:: The task ::
Word for word, transcribe the data below from the line with "start-used (op_sendfile out" to the line with "r).1.base.log ≡ listed (new_block op) ++ used r.base.log", keeping both of those lines.

Items from a data source:
-- ===== src/Fs/Session/Blocks.antt =====
-- The blocks of memory that the calls of a file request hand to libuv, asynchronous or not.
use uvw.Prelude.{
  ℕ, ◌≡◌, refl, sym, ap, ◌∙◌, Bool, true, false, List, [], ◌∷◌, ◌++◌, ℤ, is_some, Bool-cases,
  Option-cases, inl, inr,
}
use uvw.Fs.{Libuv, FsCall, FsCallback, FsEffect, cleanup, issue, call, clean, issued, arrive}
use uvw.Fs.File.{
  FileReq, write_plain, close, file_open, read, write_owned, stat, sync, datasync, truncate,
  sendfile, chmod, futime, chown, close_sync, open_sync, read_sync, write_sync, stat_sync,
  sync_sync, datasync_sync, truncate_sync, sendfile_sync, chmod_sync, futime_sync, chown_sync,
}
use uvw.Fs.FileOps.{
  FileOp, start, run_sync, op_close, op_open, op_read, op_write, op_stat, op_sync, op_datasync,
  op_truncate, op_sendfile, op_chmod, op_futime, op_chown,
}
use uvw.Fs.Session.Cleanups.{complete-log}
use uvw.Fs.Session.{
  Session, listed, launched, block_of, new_block, Move, starts, lends, syncs, arrives, answered,
  move, moves,
}

-- The memory that the calls read or fill, the latest first.
unfoldable pub used : List FsEffect → List ℕ
used [] = []
used (cleanup ∷ l) = used l
used (issue c cb ∷ l) = listed (block_of c) ++ used l

-- The memory that the operations are about, the latest first: the block that a read allocates, or that
-- a write takes over or is lent. `busy` says whether libuv works on the request.
unfoldable pub given : (busy : Bool) → List Move → List ℕ → List ℕ
given busy [] l = l
given false (starts op ∷ ms) l = given true ms (listed (new_block op) ++ l)
given true (starts op ∷ ms) l = given true ms l
given false (lends buf len offset ∷ ms) l = given true ms (buf ∷ l)
given true (lends buf len offset ∷ ms) l = given true ms l
given false (syncs op ∷ ms) l = given false ms (listed (new_block op) ++ l)
given true (syncs op ∷ ms) l = given true ms l
given busy (arrives takes ∷ ms) l = given false ms l

module _ (libuv : Libuv) where
  start-used :
      (op : FileOp) (r : FileReq)
      → (is_some (launched (start libuv op r).base.log) ≡ true)
        × (used (start libuv op r).base.log ≡ listed (new_block op) ++ used r.base.log)
  unfolding start close file_open read write_owned stat sync datasync truncate sendfile chmod futime
      chown call clean issued launched block_of new_block used
  start-used op_close r = (refl, refl)
  start-used (op_open path flags mode) r = (refl, refl)
  start-used (op_read fresh offset len) r = (refl, refl)
  start-used (op_write buf len offset) r = (refl, refl)
  start-used op_stat r = (refl, refl)
  start-used op_sync r = (refl, refl)
  start-used op_datasync r = (refl, refl)
  start-used (op_truncate offset) r = (refl, refl)
  start-used (op_sendfile out offset length) r = (refl, refl)
  start-used (op_chmod mode) r = (refl, refl)
  start-used (op_futime atime mtime) r = (refl, refl)
  start-used (op_chown uid gid) r = (refl, refl)

  run_sync-used :
      (op : FileOp) (r : FileReq)
      → used (run_sync libuv op r).1.base.log ≡ listed (new_block op) ++ used r.base.log
  unfolding run_sync close_sync open_sync read_sync write_sync stat_sync sync_sync datasync_sync
      truncate_sync sendfile_sync chmod_sync futime_sync chown_sync call clean issued block_of
      new_block used
  run_sync-used op_close r = refl
  run_sync-used (op_open path flags mode) r = refl
  run_sync-used (op_read fresh offset len) r = refl
  run_sync-used (op_write buf len offset) r = refl
  run_sync-used op_stat r = refl
  run_sync-used op_sync r = refl
  run_sync-used op_datasync r = refl
  run_sync-used (op_truncate offset) r = refl
  run_sync-used (op_sendfile out offset length) r = refl
  run_sync-used (op_chmod mode) r = refl
  run_sync-used (op_futime atime mtime) r = refl
  run_sync-used (op_chown uid gid) r = refl

  lent-used :
      (buf len : ℕ) (offset : ℤ) (r : FileReq)
      → (is_some (launched (write_plain libuv buf len offset r).base.log) ≡ true)
        × (used (write_plain libuv buf len offset r).base.log ≡ buf ∷ used r.base.log)
  unfolding write_plain call clean issued launched block_of used
  lent-used buf len offset r = (refl, refl)

  answered-used :
      (takes : Bool) (c : FsCall) (cb : FsCallback) (s : Session)
      → used (answered libuv takes c cb s).request.base.log ≡ used s.request.base.log
  unfolding answered arrive
  answered-used takes c cb s =
      ap used (complete-log libuv cb (record s.request { base = arrive libuv c s.request.base }))

  move-used :
      (m : Move) (ms : List Move) (s : Session)
      → (busy : Bool) × (is_some (move libuv m s).pending ≡ busy)
        × (given (is_some s.pending) (m ∷ ms) (used s.request.base.log)
            ≡ given busy ms (used (move libuv m s).request.base.log))
  unfolding move given
  move-used (starts op) ms s = elim (Bool-cases (is_some s.pending)) [
    | inl busy ↦ (true, rw (busy, move) busy, rw (busy, move) refl)
    | inr idle ↦
        let (on, e) = start-used op s.request in
        (true, rw (idle, move) on, rw (idle, move) (ap (given true ms) (sym e)))
  ]
  move-used (lends buf len offset) ms s = elim (Bool-cases (is_some s.pending)) [
    | inl busy ↦ (true, rw (busy, move) busy, rw (busy, move) refl)
    | inr idle ↦
        let (on, e) = lent-used buf len offset s.request in
        (true, rw (idle, move) on, rw (idle, move) (ap (given true ms) (sym e)))
  ]
  move-used (syncs op) ms s = elim (Bool-cases (is_some s.pending)) [
    | inl busy ↦ (true, rw (busy, move) busy, rw (busy, move) refl)
    | inr idle ↦ (
      false,
      rw (idle, move) idle,
      rw (idle, move) (ap (given false ms) (sym (run_sync-used op s.request))),
    )
  ]
  move-used (arrives takes) ms s = elim (Option-cases s.pending) [
    | inl idle ↦ (false, rw (idle, move) (rw idle refl), rw (idle, move) refl)
    | inr ((c, cb), e) ↦ (
      false,
      rw (e, move, answered) refl,
      rw (e, move) (ap (given false ms) (sym (answered-used takes c cb s))),
    )
  ]

  pub moves-used :
      (ms : List Move) (s : Session)
      → used (moves libuv ms s).request.base.log
        ≡ given (is_some s.pending) ms (used s.request.base.log)
  unfolding moves given
  moves-used [] s = refl
  moves-used (m ∷ ms) s =
      let (busy, on, e) = move-used m ms s in
      moves-used ms (move libuv m s)
      ∙ ap (λ b. given b ms (used (move libuv m s).request.base.log)) on
      ∙ sym e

:: Output below ::
  start-used (op_sendfile out offset length) r = (refl, refl)
  start-used (op_chmod mode) r = (refl, refl)
  start-used (op_futime atime mtime) r = (refl, refl)
  start-used (op_chown uid gid) r = (refl, refl)

  run_sync-used :
      (op : FileOp) (r : FileReq)
      → used (run_sync libuv op r).1.base.log ≡ listed (new_block op) ++ used r.base.log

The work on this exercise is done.